Configuring the schema used for Pulsar channels

Pulsar messages are stored with payloads as unstructured byte array. A Pulsar schema defines how to serialize structured data to the raw message bytes The schema is applied in producers and consumers to write and read with an enforced data structure. It serializes data into raw bytes before they are published to a topic and deserializes the raw bytes before they are delivered to consumers.

Pulsar uses a schema registry as a central repository to store the registered schema information, which enables producers/consumers to coordinate the schema of a topic's messages through brokers. By default the Apache BookKeeper is used to store schemas.

Pulsar API provides built-in schema information for a number of primitive types and complex types such as Key/Value, Avro and Protobuf.

The Pulsar Connector allows specifying the schema as a primitive type using the schema property:

mp.messaging.incoming.prices.connector=smallrye-pulsar
mp.messaging.incoming.prices.schema=INT32

mp.messaging.outgoing.prices-out.connector=smallrye-pulsar
mp.messaging.outgoing.prices-out.schema=DOUBLE

If the value for the schema property matches a Schema Type a simple schema will be created with that type and will be used for that channel.

The Pulsar Connector allows configuring complex schema types by providing Schema beans through CDI, identified with the @Identifier qualifier.

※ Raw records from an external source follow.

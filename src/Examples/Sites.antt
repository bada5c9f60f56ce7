-- ===== src/Examples/Sites.antt =====
-- Calls on sites and their aliases.
use lamund.Prelude.{◌≡◌, refl, none, List, [], ◌∷◌, codes}
use lamund.Store.Tables.{Site}
use lamund.Store.Sites.Disjoint.{IsDisjoint}
use lamund.Store.Sites.Runs.{
  SiteCall, create_one, add_alias, delete_one, run_sites, run_sites-IsDisjoint,
}
use lamund.Examples.Tables.{third_fails}

abbrev shop : Site
shop = record {
  id = 0;
  domain = codes "toko.id";
  kind = codes "static";
  proxy_target = [];
  root_path = codes "/srv/toko";
  status = [];
  user_id = 7;
  config = [];
  owner_type = [];
  owner_id = 0;
  repo_url = [];
  branch = [];
  build_cmd = [];
  output_dir = [];
}

-- The second site wants the alias of the first.
abbrev calls : List SiteCall
calls =
    create_one shop
    ∷ add_alias 1 (codes "www.toko.id")
    ∷ create_one (record shop { domain = codes "www.toko.id" })
    ∷ delete_one (codes "toko.id")
    ∷ []

run_sites-IsDisjoint_example :
    ((run_sites calls third_fails).undo ≡ none) × IsDisjoint (run_sites calls third_fails).db
run_sites-IsDisjoint_example = run_sites-IsDisjoint calls third_fails refl (tt, tt, tt)
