-- ===== src/Store/Zones/Runs.antt =====
-- Any calls of the store, in any order and whatever the engine refuses.
use lamund.Domain.{validate_domain, DomainError}
use lamund.Store.Zones.Atomic.{apply-Closed}
use lamund.Dns.Types.{DnsSettings, DnsRecord, DnsZone}
use lamund.Store.Rows.{
  delete_zone_row, zone_of, is_record, update_record, is_same, insert_record, bump_serial,
  delete_records, delete_records_of,
}
use lamund.Store.Tables.{Tables}
use lamund.Store.Zones.{
  clean_kind, clean_name, insert_named, clean_record, name_server, with_defaults, some_row,
  insert_server,
}
use lamund.Store.Conn.{err, Conn, Result}
use lamund.Prelude.{
  ℕ, ◌≡◌, refl, inl, inr, Bool, not, Option, none, some, List, [], ◌∷◌, ◌==◌, if◌then◌else◌,
  Bool-cases, if-both, Bytes, select, any, is_empty,
}
use lamund.Store.Conn.Transaction.{Change, chain-keeps, Closed-keeps}
use lamund.Store.Conn.{ok, err, Result, Conn}
use lamund.Store.Rows.{lies_in}
use lamund.Store.Zones.Changes.{
  put_record, put_if_absent, drop_matching, drop_zone, plain, with_bump, Command, create, remove,
  add, add_absent, update, delete, delete_same, set, apply, change_of, gated, put_zone, created,
}
use lamund.Store.Zones.Sound.{
  IsSound, insert_zone-IsSound, insert_record-IsSound, bump_serial-IsSound, keep_records-IsSound,
  delete_zone_row-IsSound, update_record-IsSound,
}

some_row-IsSound : (s : Result ℕ × Tables) → IsSound s.1 → IsSound (some_row s).1
unfolding some_row
some_row-IsSound (ok n, db) h = elim (Bool-cases (n == 0)) [ inl e ↦ rw e h | inr e ↦ rw e h ]
some_row-IsSound (err e, db) h = h

with_bump-IsSound :
    (zone_id : ℕ) (g : Change Tables ℕ) (db : Tables)
    → IsSound (g db).1
    → IsSound (with_bump zone_id g db).1
with_bump-IsSound zone_id g db h =
    chain-keeps IsSound _ (some_row (g db)) (some_row-IsSound (g db) h) (λ _ d k.
      chain-keeps IsSound _ (bump_serial zone_id d) (bump_serial-IsSound zone_id d k) (λ _ d' l. l))

put_record-IsSound : (r : DnsRecord) (db : Tables) → IsSound db → IsSound (put_record r db).1
put_record-IsSound r db h =
    chain-keeps IsSound _ (insert_record (clean_record r) db)
      (insert_record-IsSound (clean_record r) db h)
      (λ _ d k.
        chain-keeps IsSound _ (bump_serial r.zone_id d) (bump_serial-IsSound r.zone_id d k)
          (λ _ d' l. l))

server-IsSound :
    (id : ℕ) (ns : Bytes) (d : Tables)
    → IsSound d
    → IsSound (if is_empty ns then (ok tt, d) else insert_server id ns d).1
unfolding insert_server
server-IsSound id ns d h =
    if-both (λ (s : Result Unit × Tables). IsSound s.1) (is_empty ns) _ _ (λ _. h)
      (λ _.
        chain-keeps IsSound (λ _ d'. (ok tt, d')) (insert_record (name_server id ns) d)
          (insert_record-IsSound (name_server id ns) d h) (λ _ d' k. k))

put_zone-IsSound :
    (z : DnsZone) (settings : DnsSettings) (db : Tables)
    → validate_domain z.domain ≡ none
    → IsSound db
    → IsSound (put_zone z settings db).1
put_zone-IsSound z settings db valid h =
    chain-keeps IsSound _ (insert_named z db) (insert_zone-IsSound z db valid h) (λ id d k.
      chain-keeps IsSound _
        (if is_empty settings.ns1 then (ok tt, d) else insert_server id settings.ns1 d)
        (server-IsSound id settings.ns1 d k)
        (λ _ d' l.
          chain-keeps IsSound _
            (if is_empty settings.ns2 then (ok tt, d') else insert_server id settings.ns2 d')
            (server-IsSound id settings.ns2 d' l) (λ _ d'' m. m)))

gated-IsSound :
    (o : Option DomainError) (g : Change Tables ℕ) (db : Tables)
    → (o ≡ none → IsSound (g db).1)
    → IsSound db
    → IsSound (gated o g db).1
gated-IsSound none g db k h = k refl
gated-IsSound (some e) g db k h = h

drop_zone-IsSound : (domain : Bytes) (db : Tables) → IsSound db → IsSound (drop_zone domain db).1
unfolding delete_records_of
drop_zone-IsSound domain db h =
    let p = λ (r : DnsRecord). not (lies_in (zone_of domain db.zones) r) in
    let d = record db { records = select p db.records } in
    chain-keeps IsSound _ (some_row (delete_zone_row domain d))
      (some_row-IsSound (delete_zone_row domain d)
        (delete_zone_row-IsSound domain d (keep_records-IsSound p db h)))
      (λ _ d' l. l)

delete_records-IsSound :
    (p : DnsRecord → Bool) (db : Tables) → IsSound db → IsSound (delete_records p db).1
unfolding delete_records
delete_records-IsSound p db h = keep_records-IsSound (λ r. not (p r)) db h

drop_matching-IsSound :
    (zone_id : ℕ) (p : DnsRecord → Bool) (db : Tables)
    → IsSound db
    → IsSound (drop_matching zone_id p db).1
drop_matching-IsSound zone_id p db h =
    chain-keeps IsSound _ (delete_records p db) (delete_records-IsSound p db h) (λ n d k.
      chain-keeps IsSound _ (if n == 0 then (ok tt, d) else bump_serial zone_id d)
        (if-both (λ (s : Result Unit × Tables). IsSound s.1) (n == 0) _ _ (λ _. k)
          (λ _. bump_serial-IsSound zone_id d k))
        (λ _ d' l. l))

put_if_absent-IsSound : (r : DnsRecord) (db : Tables) → IsSound db → IsSound (put_if_absent r db).1
put_if_absent-IsSound r db h =
    let same = clean_record r in
    if-both (λ (s : Result Bool × Tables). IsSound s.1)
      (any (is_same same.zone_id same.name same.kind same.value) db.records) _ _ (λ _. h)
      (λ _. chain-keeps IsSound _ (put_record same db) (put_record-IsSound same db h) (λ _ d l. l))

plain-IsSound : {A : Type 0} (s : Result A × Tables) → IsSound s.1 → IsSound (plain s).1
plain-IsSound s h = chain-keeps IsSound _ s h (λ _ d l. l)

change_of-IsSound : (call : Command) (db : Tables) → IsSound db → IsSound (change_of call db).1
unfolding change_of
change_of-IsSound (create z) db h =
    let z' = with_defaults z in
    plain-IsSound (created z' db.settings db) (
      gated-IsSound (validate_domain z'.domain) (put_zone z' db.settings) db
        (λ valid. put_zone-IsSound z' db.settings db valid h) h)
change_of-IsSound (remove domain) db h = drop_zone-IsSound (clean_name domain) db h
change_of-IsSound (add r) db h = plain-IsSound (put_record r db) (put_record-IsSound r db h)
change_of-IsSound (add_absent r) db h =
    plain-IsSound (put_if_absent r db) (put_if_absent-IsSound r db h)
change_of-IsSound (update zone_id id value ttl priority) db h =
    with_bump-IsSound zone_id (update_record zone_id id value ttl priority) db
      (update_record-IsSound zone_id id value ttl priority db h)
change_of-IsSound (delete zone_id id) db h =
    with_bump-IsSound zone_id (delete_records (is_record zone_id id)) db
      (delete_records-IsSound (is_record zone_id id) db h)
change_of-IsSound (delete_same zone_id name kind value) db h =
    plain-IsSound _ (
      drop_matching-IsSound zone_id (is_same zone_id (clean_name name) (clean_kind kind) value) db
        h)
change_of-IsSound (set settings) db h = h

-- The connection after the calls, whatever they returned.
unfoldable pub run : List Command → Conn Tables → Conn Tables
run [] c = c
run (call ∷ calls) c = run calls (apply call c).1

-- From well-formed tables and no open transaction, any calls lead to well-formed tables and no open
-- transaction, whichever statements the engine refuses: numbers and domains of zones stand once,
-- numbers of records too, and each domain is one that ValidateDomain accepts.
pub run-IsSound :
    (calls : List Command) (c : Conn Tables)
    → c.undo ≡ none
    → IsSound c.db
    → ((run calls c).undo ≡ none) × IsSound (run calls c).db
unfolding run
run-IsSound [] c h sound = (h, sound)
run-IsSound (call ∷ calls) c h sound =
    let closed = apply-Closed call c h in
    run-IsSound calls (apply call c).1 closed.1 (
      Closed-keeps IsSound c.db (change_of call c.db) c (apply call c) sound
        (change_of-IsSound call c.db sound) closed)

For example the following bean provides an Avro schema and a Key/Value schema:

package pulsar.configuration;

import jakarta.enterprise.context.ApplicationScoped;
import jakarta.enterprise.inject.Produces;

import org.apache.pulsar.client.api.Schema;
import org.apache.pulsar.common.schema.KeyValue;
import org.apache.pulsar.common.schema.KeyValueEncodingType;

import io.smallrye.common.annotation.Identifier;

@ApplicationScoped
public class PulsarSchemaProvider {

    @Produces
    @Identifier("user-schema")
    Schema<User> userSchema = Schema.AVRO(User.class);

    @Produces
    @Identifier("a-channel")
    Schema<KeyValue<Integer, User>> keyValueSchema() {
        return Schema.KeyValue(Schema.INT32, Schema.JSON(User.class), KeyValueEncodingType.SEPARATED);
    }

    public static class User {
        String name;
        int age;

    }
}

To configure the incoming channel users with defined schema, you need to set the schema property to the identifier of the schema user-schema:

mp.messaging.incoming.users.connector=smallrye-pulsar
mp.messaging.incoming.users.schema=user-schema

If no schema property is found, the connector looks for Schema beans identified with the channel name. For example, the outgoing channel a-channel will use the key/value schema.

mp.messaging.outgoing.a-channel.connector=smallrye-pulsar

If no schema information is provided incoming channels will use Schema.AUTO_CONSUME(), whereas outgoing channels will use Schema.AUTO_PRODUCE_BYTES() schemas.